Par rapport à la technique arthroplastique standard, le cadre de la polyarthrite rhumatoïde peut imposer des spécificités à toutes les étapes de l'intervention : dès la voie d'abord, il est parfois nécessaire de désinsérer prudemment le faisceau antérieur du deltoïde, que l'on s'astreindra à rattacher soigneusement lors de la fermeture ; l'état de la coiffe dicte par la suite la façon d'exposer l'articulation, car il conviendra, suivant la distribution de ses altérations (ou de ses lésions ), d'en préserver au mieux la fonction stabilisatrice, soit en réalisant sur cette coiffe des gestes de reconstruction, soit en contournant les zones de fragilité ou, au contraire, en les utilisant comme trajectoire d'exposition ; l'état du capital osseux, huméral et glénoïdien, dictera les choix d'une pièce humérale modulaire fixée ou non au ciment et l'opportunité ou non d'ancrage d'un élément glénoïdien d'arthroplastie totale ; enfin, le suivi strict d'un protocole de rééducation postopératoire personnalisé est le complément indispensable et indissociable de cette intervention arthroplastique sur ce terrain particulier.
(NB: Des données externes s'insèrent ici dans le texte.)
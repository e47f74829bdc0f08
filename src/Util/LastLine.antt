-- ===== src/Util/LastLine.antt =====
-- The last line of a file that ends in a line end.
use mathlib.Core.List.{reverse_aux, reverse-cons, reverse-reverse}
use remote_monitoring_tool.Prelude.{
  newline, carriage_return, ℕ, zero, suc, ◌≡◌, ◌≢◌, refl, sym, ap, subst, ◌∙◌, ◌⊎◌, inl, inr, Bool,
  true, some, [], ◌∷◌, ◌++◌, append-nil, append_assoc, arith, reverse, Bytes, length, length-append,
  get_or, get_or-append_length, All,
}
use remote_monitoring_tool.Util.{skip_line_ends, take_char, collect, get_last_line_of_file}

-- A byte that is part of a line.
abbrev pub InLine : ℕ → Type 0
InLine c = (c ≢ newline) × (c ≢ carriage_return)

-- A line may begin behind this text.
abbrev pub EndsLine : Bytes → Type 0
EndsLine pre = (pre ≡ []) ⊎ ((front : Bytes) × (pre ≡ front ++ newline ∷ []))

take_char_in : (c : ℕ) (rev : Bytes) → InLine c → take_char c rev ≡ (true, rev ++ c ∷ [])
unfolding take_char
take_char_in c rev h = ground arith

-- One round at a byte of the line.
collect_step :
    (file pre back : Bytes) (c : ℕ) (rev : Bytes)
    → file ≡ pre ++ c ∷ back
    → InLine c
    → (pos : ℕ) → suc pos ≡ length pre
    → collect file (suc pos) rev ≡ collect file pos (rev ++ c ∷ [])
unfolding collect
collect_step file pre back c rev e h pos p = rw (at, take_char_in c rev h)
  where
    at : get_or file (suc pos) 0 ≡ c
    at =
        ap (λ f. get_or f (suc pos) 0) e
        ∙ ap (λ n. get_or (pre ++ c ∷ back) n 0) p
        ∙ get_or-append_length pre back c 0

collect_first :
    (file back : Bytes) (c : ℕ) (rev : Bytes)
    → file ≡ c ∷ back
    → InLine c
    → collect file zero rev ≡ rev ++ c ∷ []
unfolding collect
collect_first file back c rev e h = rw (e) (ap (λ (r : Bool × Bytes). r.1) (take_char_in c rev h))

collect_stop :
    (file pre back : Bytes) (rev : Bytes)
    → file ≡ pre ++ newline ∷ back
    → (pos : ℕ) → pos ≡ length pre
    → collect file pos rev ≡ rev
collect_stop file pre back rev e pos p = go pos at
  where
    at : get_or file pos 0 ≡ newline
    at =
        ap (λ f. get_or f pos 0) e
        ∙ ap (λ n. get_or (pre ++ newline ∷ back) n 0) p
        ∙ get_or-append_length pre back newline 0

    go : (k : ℕ) → get_or file k 0 ≡ newline → collect file k rev ≡ rev
    go zero h = unfold collect take_char in ap (λ ch. (take_char ch rev).1) h
    go (suc k) h = unfold collect take_char in rw h

-- The second loop takes a whole line, read backwards.
collect-line :
    (file pre : Bytes) (r : Bytes) (c : ℕ) (back rev : Bytes) (pos : ℕ)
    → file ≡ (pre ++ reverse r) ++ c ∷ back
    → pos ≡ length (pre ++ reverse r)
    → All InLine (c ∷ r)
    → EndsLine pre
    → collect file pos rev ≡ rev ++ c ∷ r
collect-line file pre [] c back rev pos e p (hc, h) (inl first) =
    ap (λ k. collect file k rev) at_start ∙ collect_first file back c rev only hc
  where
    at_start : pos ≡ 0
    at_start = p ∙ ap (λ x. length (x ++ [])) first

    only : file ≡ c ∷ back
    only = e ∙ ap (λ x. (x ++ []) ++ c ∷ back) first
collect-line file pre [] c back rev pos e p (hc, h) (inr (front, ends)) =
    ap (λ k. collect file k rev) (p ∙ len)
    ∙ collect_step file (pre ++ []) back c rev e hc (length front) (sym len)
    ∙ collect_stop file front (c ∷ back) (rev ++ c ∷ []) behind (length front) refl
  where
    len : length (pre ++ []) ≡ suc (length front)
    len = omega (arith, length-append pre [], ap length ends, length-append front (newline ∷ []))

    behind : file ≡ front ++ newline ∷ (c ∷ back)
    behind = e ∙ ap (λ x. (x ++ []) ++ c ∷ back) ends ∙ simp (append_assoc, append-nil)
collect-line file pre (d ∷ r) c back rev pos e p (hc, h) ends =
    ap (λ k. collect file k rev) (p ∙ len)
    ∙ collect_step file (pre ++ reverse (d ∷ r)) back c rev e hc (length (pre ++ reverse r))
        (sym len)
    ∙ collect-line file pre r d (c ∷ back) (rev ++ c ∷ []) (length (pre ++ reverse r)) here refl h
        ends
    ∙ append_assoc rev (c ∷ []) (d ∷ r)
  where
    grouped : pre ++ reverse (d ∷ r) ≡ (pre ++ reverse r) ++ d ∷ []
    grouped = ap (λ x. pre ++ x) (reverse-cons d r) ∙ sym (append_assoc pre (reverse r) (d ∷ []))

    len : length (pre ++ reverse (d ∷ r)) ≡ suc (length (pre ++ reverse r))
    len = omega (arith, ap length grouped, length-append (pre ++ reverse r) (d ∷ []))

    here : file ≡ (pre ++ reverse r) ++ d ∷ (c ∷ back)
    here = e ∙ ap (λ x. x ++ c ∷ back) grouped ∙ append_assoc (pre ++ reverse r) (d ∷ []) (c ∷ back)

-- The first loop stops at the last byte of a line that one line end follows.
skip_line_ends-end :
    (file front : Bytes) (c : ℕ)
    → file ≡ front ++ c ∷ newline ∷ []
    → InLine c
    → skip_line_ends file (length file) ≡ length front
skip_line_ends-end file front c e h =
    ap (skip_line_ends file) len ∙ back (suc (length front)) at_end ∙ stay (length front) at_char
  where
    back :
        (pos : ℕ)
        → get_or file pos 0 ≡ newline
        → skip_line_ends file (suc pos) ≡ skip_line_ends file pos
    back pos p = unfold skip_line_ends in rw p

    stay : (pos : ℕ) → get_or file pos 0 ≡ c → skip_line_ends file (suc pos) ≡ pos
    stay pos p = unfold skip_line_ends in rw p (ground arith)

    len : length file ≡ suc (suc (length front))
    len = omega (arith, ap length e, length-append front (c ∷ newline ∷ []))

    at_char : get_or file (length front) 0 ≡ c
    at_char = ap (λ f. get_or f (length front) 0) e ∙ get_or-append_length front (newline ∷ []) c 0

    at_end : get_or file (suc (length front)) 0 ≡ newline
    at_end =
        ap (λ f. get_or f (suc (length front)) 0)
          (e ∙ sym (append_assoc front (c ∷ []) (newline ∷ [])))
        ∙ ap (λ n. get_or ((front ++ c ∷ []) ++ newline ∷ []) n 0)
            (omega (arith, length-append front (c ∷ [])))
        ∙ get_or-append_length (front ++ c ∷ []) [] newline 0

reversed_lines :
    (file pre r : Bytes) (c : ℕ)
    → file ≡ (pre ++ reverse r) ++ c ∷ newline ∷ []
    → All InLine (c ∷ r)
    → EndsLine pre
    → get_last_line_of_file (some file) ≡ reverse (c ∷ r)
reversed_lines file pre r c e h ends = go file e
  where
    go :
        (f : Bytes)
        → f ≡ (pre ++ reverse r) ++ c ∷ newline ∷ []
        → get_last_line_of_file (some f) ≡ reverse (c ∷ r)
    go [] e' =
        absurd (omega (arith, ap length e', length-append (pre ++ reverse r) (c ∷ newline ∷ [])))
    go (x ∷ xs) e' =
        unfold get_last_line_of_file in
        ap (λ k. reverse (collect (x ∷ xs) k []))
          (skip_line_ends-end (x ∷ xs) (pre ++ reverse r) c e' h.0)
        ∙ ap reverse (
            collect-line (x ∷ xs) pre r c (newline ∷ []) [] (length (pre ++ reverse r)) e' refl h
              ends)

All-reverse_aux :
    (bs acc : Bytes) → All InLine bs → All InLine acc → All InLine (reverse_aux bs acc)
All-reverse_aux [] acc h k = k
All-reverse_aux (b ∷ bs) acc (hb, h) k = All-reverse_aux bs (b ∷ acc) h (hb, k)

-- Let a file end in a line that is not empty and has no '\r', closed by one line end, behind a
-- part that is empty or ends in a line end. Then get_last_line_of_file gives that line.
pub get_last_line-line :
    (pre line : Bytes)
    → line ≢ []
    → All InLine line
    → EndsLine pre
    → get_last_line_of_file (some (pre ++ line ++ newline ∷ [])) ≡ line
get_last_line-line pre line ne h ends = go (reverse line) refl
  where
    go :
        (l : Bytes)
        → reverse line ≡ l
        → get_last_line_of_file (some (pre ++ line ++ newline ∷ [])) ≡ line
    go [] e = absurd (ne (sym (reverse-reverse line) ∙ ap reverse e))
    go (c ∷ r) e =
        reversed_lines (pre ++ line ++ newline ∷ []) pre r c
          (ap (λ x. pre ++ x ++ newline ∷ []) (turned ∙ reverse-cons c r) ∙ simp append_assoc)
          (subst (All InLine) e (All-reverse_aux line [] h tt)) ends
        ∙ sym turned
      where
        turned : line ≡ reverse (c ∷ r)
        turned = sym (reverse-reverse line) ∙ ap reverse e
La chirurgie scapulaire moderne, grâce à son arsenal diversifié et à ses techniques plus précises, fait à présent partie intégrante de la prise en charge des atteintes de cette articulation dans la polyarthrite rhumatoïde. Il s'agit d'une chirurgie exigeante, mais à présent beaucoup mieux codifiée, ce qui permet d'en tirer le meilleur bénéfice pour l'opéré.
D'après la conférence d'enseignement du Pr Robert H. Cofield, département de chirurgie orthopédique, Mayo Clinic, Rochester, Minnesota (Etats-Unis).